The Adulterous Woman (Albert Camus)

Photo credit:  Lotus Carroll (Flickr)
Photo credit: Lotus Carroll (Flickr)

The preacher in church today told this story by Albert Camus – The Adulterous Woman.

It’s a really short but one of the most impactful stories I’ve ever read. It’s about a wife accompanying her businessman husband on a trip to Algeria. Janine doesn’t have a good relationship with Marcel and describes him as old, inert, motionless. Unsuitable for him really in all aspects. She reminiscences about her younger days.

On the bus to the hotel, Janine notices a French soldier who seems to be attracted to her and she feels flattered. She feels that hasn’t lost it yet. However, the soldier walks away later without acknowledging her at all.

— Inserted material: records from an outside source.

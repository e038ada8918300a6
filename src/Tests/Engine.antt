-- ===== src/Tests/Engine.antt =====
-- The order of resolution at an engine of two resolvers, of which the first fails.
use commeatus.Prelude.{
  ℕ, ◌+◌, ◌≡◌, ◌≤◌, length, ap, sym, ◌∙◌, Option, refl, false, none, some, [], ◌∷◌, arith, Bytes,
  bytes,
}
use commeatus.Text
use commeatus.Text.Hostname.{hostname}
use commeatus.Ip.{IpAddr, ip_eq}
use commeatus.Dns
use commeatus.Dns.{DnsCache, new_cache, get, lookup}
use commeatus.Dns.Answer.{
  no_records, resolver_failure, ok, err, DnsAnswer, deduplicate_bounded, no_addresses,
}
use commeatus.Dns.Engine.{Resolver, DnsEngine, resolve_hosts, ask, resolve}
use commeatus.Dns.Engine.Order.{resolve-first}
use commeatus.Dns.Engine.Again.{Call, resolve_all, IsOther, with_resolvers, resolve-resolve}

abbrev name : Bytes
name = bytes "A.example"

abbrev query : Bytes
query = bytes "a.example"

abbrev given : DnsAnswer
given = record { addresses = IpAddr.v4 1 ∷ IpAddr.v4 1 ∷ []; ttl = some 30 }

abbrev broken : Resolver
broken _ = err resolver_failure

abbrev working : Resolver
working _ = ok given

abbrev engine : DnsEngine
engine = record {
  hosts = [];
  cache = record { entries = []; capacity = 2; max_ttl = 60 };
  resolvers = broken ∷ working ∷ broken ∷ [];
  stats = record { hosts_hits = 0; cache_hits = 0; cache_misses = 0; resolver_failures = 0 };
}

valid : hostname name ≡ some query
unfolding hostname Text.to_ascii_lowercase Text.trim Text.trim_end Text.trim_start Text.is_ascii
    Text.lower Text.split
valid = refl

no_host : resolve_hosts engine.hosts query ≡ none
unfolding resolve_hosts
no_host = refl

not_cached : (get engine.cache query 100).0 ≡ none
unfolding get lookup
not_cached = refl

once : deduplicate_bounded given.addresses ≡ IpAddr.v4 1 ∷ []
unfolding deduplicate_bounded ip_eq
once = refl

found : no_addresses (deduplicate_bounded given.addresses) ≡ false
unfolding deduplicate_bounded ip_eq
found = refl

resolve-first_example : (resolve engine name 100).0 ≡ ok (deduplicate_bounded given.addresses)
resolve-first_example =
    resolve-first engine name 100 valid no_host not_cached (broken ∷ []) (broken ∷ []) working given
      refl (tt, tt) refl found

asked : (ask engine.resolvers query no_records).0 ≡ ok (IpAddr.v4 1 ∷ [], some 30)
unfolding ask deduplicate_bounded ip_eq
asked = refl

abbrev fresh : DnsCache
fresh = record { entries = []; capacity = 2; max_ttl = 60 }

built : new_cache 2 60 ≡ some fresh
unfolding new_cache
built = refl

-- Another name, which is resolved in between.
abbrev other : Call
other = record { name = bytes "www.example"; time = 110; resolvers = working ∷ [] }

other_valid : hostname other.name ≡ some (bytes "www.example")
unfolding hostname Text.to_ascii_lowercase Text.trim Text.trim_end Text.trim_start Text.is_ascii
    Text.lower Text.split
other_valid = refl

size : Option Bytes → ℕ
size none = 0
size (some text) = length text

other-IsOther : IsOther query 129 other
unfolding size
other-IsOther = (
  λ e. let sizes : 11 ≡ 9 = ap size (sym other_valid ∙ e) in absurd (omega (arith, sizes)),
  omega arith,
)

room : length (resolve engine name 100).1.cache.entries + 1 ≤ 2
unfolding resolve hostname Text.to_ascii_lowercase Text.trim Text.trim_end Text.trim_start
    Text.is_ascii Text.lower Text.split resolve_hosts get lookup Dns.insert ask deduplicate_bounded
    ip_eq Dns.ttl_of Dns.retain Dns.remove
room = omega arith

-- Resolved again after another name, by resolvers that fail.
resolve-resolve_example :
    ((resolve engine name 100).0 ≡ ok (IpAddr.v4 1 ∷ []))
    × ((resolve
          (with_resolvers (resolve_all (other ∷ []) (resolve engine name 100).1) (broken ∷ []))
          name
          129).0
        ≡ ok (IpAddr.v4 1 ∷ []))
resolve-resolve_example =
    resolve-resolve 2 60 fresh [] engine name 100 (other ∷ []) 129 (broken ∷ []) (IpAddr.v4 1 ∷ [])
      (some 30) built refl valid no_host not_cached asked (other-IsOther, tt) room (omega arith)
      (omega arith)
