-- ===== src/Tests/Http.antt =====
-- A client that asks for a tunnel over HTTP, in pieces.
use commeatus.Prelude.{
  arith, eqb, ℕ, ◌≡◌, ◌↔◌, refl, ap, sym, none, some, List, [], ◌∷◌, ◌++◌, Bytes, bytes,
}
use commeatus.Flow.{ip}
use commeatus.HttpConnect.{parse_authority, rsplit_once, parse_port}
use commeatus.HttpConnect.Authority.{IsNameable}
use commeatus.HttpConnect.Handle.{act, answer_tunnel, forward, answer_request, handle, established}
use commeatus.HttpConnect.Handle.Relayed.{IsRelayed, handle-IsRelayed}
use commeatus.HttpConnect.Header.{
  read_header, find_header_end, parse_header, connect_authority, first_line, read_request,
}
use commeatus.HttpConnect.Header.Whole.{rejoined, header_of, request_of, read_request-rejoined}
use commeatus.Io
use commeatus.Io.{ErrorKind, ok, err, timed_out, unexpected_eof, Result}
use commeatus.Ip.{IpAddr}
use commeatus.Ip.Parse.{parse_ip}
use commeatus.Plan.{direct, Endpoint}
use commeatus.Policy.{plan, decide, PolicyEngine, PolicyAction}
use commeatus.Protocol.Asked.{http_handshake_stream-read_request}
use commeatus.Protocol.Http.{read_response, http_handshake_stream}
use commeatus.Protocol.Replies.{Connects}
use commeatus.Protocol.Tunnel.{handle-read_response}
use commeatus.Proxy.{plan_action}
use commeatus.Stream.{write_all, ByteStream, working}
use commeatus.Target.{new_target, Target}
use commeatus.Text.{is_utf8, to_ascii_lowercase, trim_end}
use commeatus.Text.Lines.{split_whitespace, strip_prefix}
use commeatus.Text.Number.{parse_uint}

abbrev sent : Bytes
sent = bytes "CONNECT a.example:443 HTTP/1.1\r\nHost: a.example\r\n\r\nhello"

abbrev client : ByteStream
client = working unexpected_eof sent []

-- The header's last piece has two bytes of the tunnel.
abbrev pieces : List ℕ
pieces = 5 ∷ 0 ∷ 47 ∷ []

abbrev all_direct : PolicyEngine
all_direct = record { rules = []; default_action = PolicyAction.route direct }

abbrev remote : Endpoint → Target → Result ByteStream
remote endpoint target = ok (working timed_out [] [])

remote_works :
    (endpoint : Endpoint) (target : Target) (session : ByteStream)
    → remote endpoint target ≡ ok session
    → session.refuses ≡ none
remote_works endpoint target session e =
    let same : working timed_out [] [] ≡ session = cc in ap (λ r. r.refuses) (sym same)

read_request-rejoined_example :
    rejoined (read_request pieces client) ≡ Io.◌>>=◌ (header_of unexpected_eof sent) request_of
read_request-rejoined_example = read_request-rejoined pieces client

handle-read_response_example : Connects (handle all_direct 1 remote pieces client).0 ↔ (
    (read_response (
      working unexpected_eof
        ((handle all_direct 1 remote pieces client).1.output ++ bytes "data")
        [])).0
    ≡ ok tt)
handle-read_response_example =
    handle-read_response all_direct 1 remote remote_works unexpected_eof (bytes "data") pieces sent

relayed : handle all_direct 1 remote pieces client ≡ (
  ok (some (working timed_out [] (bytes "he"))),
  working unexpected_eof (bytes "llo") established,
)
unfolding handle answer_request read_header find_header_end eqb parse_header is_utf8
    connect_authority split_whitespace first_line strip_prefix parse_authority rsplit_once parse_ip
    to_ascii_lowercase trim_end parse_port parse_uint new_target act plan_action plan decide
    answer_tunnel write_all forward read_request
relayed = refl

handle-IsRelayed_example :
    IsRelayed all_direct 1 remote client (working timed_out [] (bytes "he")) (bytes "llo")
handle-IsRelayed_example =
    handle-IsRelayed all_direct 1 remote pieces client
      (working unexpected_eof (bytes "llo") established) (working timed_out [] (bytes "he")) relayed

-- A standard library that knows one address.
abbrev display : IpAddr → Bytes
display address = bytes "1.2.3.4"

abbrev server : Target
server = record { host = ip (IpAddr.v4 0x01020304); port = 8080 }

server-IsNameable : IsNameable display server.host
unfolding parse_ip
server-IsNameable = (refl, omega arith, omega arith, refl)

http_handshake_stream-read_request_example :
    (written : Bytes) × (http_handshake_stream display server
        (working timed_out (established ++ bytes "data") [])
      ≡ (ok tt, working timed_out (bytes "data") written))
    × ((sizes : List ℕ) (ended : ErrorKind) (rest : Bytes)
        → rejoined (read_request sizes (working ended (written ++ rest) [])) ≡ ok (server, rest))
http_handshake_stream-read_request_example =
    http_handshake_stream-read_request display server server-IsNameable (omega arith) (omega arith)
      timed_out (bytes "data")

The couple go to their hotel room and it’s cold. They then head to a nice spot after Janine’s persuasion and there she feels a great sense of release looking at the nomads and the sky and the wide desert horizon. But Marcel just wants to get away from the cold.

Later that night, Janine waits till her husband is asleep and she sneaks out once more to the same place earlier. She feels really good again (Camus describes it really well here unlike me) and ends up lying on her back under the stars moaning.

She returns to her room and Marcel wakes up. Janine starts to weep uncontrollably. Camus then ends with the phrase “he looked at her without understanding” and she replies “It’s nothing.”


Interestingly, Janine did not commit any physical adultery but rather an “adultery” with nature. I’m not a good literature type of guy so I can’t read between the lines a lot!

The preacher concluded that Janine was facing loneliness. Loneliness is a terrible thing when what you thought would make you happy, in the end lets you down.

This story is powerful. It tells us that when people are hurting, it’s easy to not notice them. It’s easy to judge them. When they say “It’s nothing”, let’s hold off all judgement. Let’s go beneath the surface with love and tenderness.

I believe the only cure for loneliness is the Lord Jesus and it’s our job to direct the hurting, the lonely to Him. Since He was hurt and lonely at a point in time, Jesus understands hurting hearts.

He will not crush the weakest reed or put out a flickering candle. He will bring justice to all who have been wronged.